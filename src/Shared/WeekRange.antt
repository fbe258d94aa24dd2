-- ===== src/Shared/WeekRange.antt =====
-- libs/shared/src/schedule-week-range.util.ts. A set of weeks is a list without repetition, in the
-- order of insertion.
pub mod Laws
pub mod Overlap
use do_an_tot_nghiep.Base.{
  ℕ, zero, suc, ◌+◌, ◌-◌, ◌^◌, min, max, Bool, true, false, not, ◌&&◌, ◌||◌, Option, none, some,
  List, [], ◌∷◌, ◌++◌, if◌then◌else◌, ltb, leb, ◌==◌, any, map,
}
use do_an_tot_nghiep.Base.Text.{is_blank, Text}
use do_an_tot_nghiep.Base.Chars.{is_digit, trim, skip_spaces, read_number}

-- `/[\u2013\u2014\u2212]/g`: the en dash, the em dash and the minus sign.
abbrev pub plain_dash : ℕ → ℕ
plain_dash c = if c == 0x2013 || c == 0x2014 || c == 0x2212 then b'-' else c

abbrev is_separator : ℕ → Bool
is_separator c = c == b';' || c == b','

abbrev onto_first : ℕ → List Text → List Text
onto_first c [] = (c ∷ []) ∷ []
onto_first c (t ∷ ts) = (c ∷ t) ∷ ts

-- `split(/[;,]/)`
pub split_tokens : Text → List Text
split_tokens [] = [] ∷ []
split_tokens (c ∷ cs) =
    let rest = split_tokens cs in if is_separator c then [] ∷ rest else onto_first c rest

-- Number.isSafeInteger, of a number that is not negative.
abbrev is_safe_integer : ℕ → Bool
is_safe_integer n = ltb n (2 ^ 53)

-- What a token stands for: its first and its last week.
abbrev pub Weeks : Type 0
Weeks = ℕ × ℕ

abbrev safe_range : ℕ → ℕ → Option Weeks
safe_range start end =
    if is_safe_integer start && is_safe_integer end
    then some (min start end, max start end)
    else none

abbrev pub range_end : ℕ → Option (ℕ × Text) → Option Weeks
range_end start (some (end, [])) = safe_range start end
range_end start _ = none

abbrev pub range_dash : ℕ → Text → Option Weeks
range_dash start [] = none
range_dash start (c ∷ cs) =
    if c == b'-' then range_end start (read_number (skip_spaces cs)) else none

abbrev pub after_number : Option (ℕ × Text) → Option Weeks
after_number none = none
after_number (some (n, [])) = some (n, n)
after_number (some (n, c ∷ cs)) = range_dash n (skip_spaces (c ∷ cs))

-- `/^(\d+)\s*-\s*(\d+)$/`, then `/^\d+$/`; none where the whole text is given up.
pub token_weeks : Text → Option Weeks
token_weeks token = after_number (read_number token)

pub has_week : ℕ → List ℕ → Bool
has_week w weeks = any (λ v. v == w) weeks

-- `weeks.add(week)`
pub add_week : ℕ → List ℕ → List ℕ
add_week w weeks = if has_week w weeks then weeks else weeks ++ w ∷ []

-- for (let week = from; …; week++), by the number of rounds
pub add_weeks : ℕ → ℕ → List ℕ → List ℕ
add_weeks zero week weeks = weeks
add_weeks (suc n) week weeks = add_weeks n (week + 1) (add_week week weeks)

abbrev pub add_range : Weeks → List ℕ → List ℕ
add_range (from, to) weeks = add_weeks (to + 1 - from) from weeks

abbrev pub add_token : Option Weeks → List ℕ → Option (List ℕ)
add_token none weeks = none
add_token (some r) weeks = some (add_range r weeks)

-- The body of the loop over the tokens.
pub parse_token : Text → List ℕ → Option (List ℕ)
parse_token raw weeks =
    if is_blank (trim raw) then some weeks else add_token (token_weeks (trim raw)) weeks

pub parse_tokens : List Text → List ℕ → Option (List ℕ)
parse_tokens [] weeks = some weeks
parse_tokens (raw ∷ rest) weeks = elim (parse_token raw weeks) [
  | none ↦ none
  | some weeks' ↦ parse_tokens rest weeks'
]

abbrev pub or_null : Option (List ℕ) → Option (List ℕ)
or_null none = none
or_null (some []) = none
or_null (some (w ∷ ws)) = some (w ∷ ws)

-- parseWeekRange
pub parse_week_range : Option Text → Option (List ℕ)
parse_week_range none = none
parse_week_range (some value) =
    let normalized = map plain_dash (trim value) in
    if is_blank normalized then none else or_null (parse_tokens (split_tokens normalized) [])

abbrev pub overlap_sets : Option (List ℕ) → Option (List ℕ) → Bool
overlap_sets none b = true
overlap_sets (some a) none = true
overlap_sets (some a) (some b) = any (λ w. has_week w b) a

-- weekRangesOverlap
pub week_ranges_overlap : Option Text → Option Text → Bool
week_ranges_overlap a b = overlap_sets (parse_week_range a) (parse_week_range b)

+ + + +

▶ **TASK PROMPT**
A single figure is required: the number of lines in the entries that hold the string "value".

▶ **EXERCISE RESPONSE**
2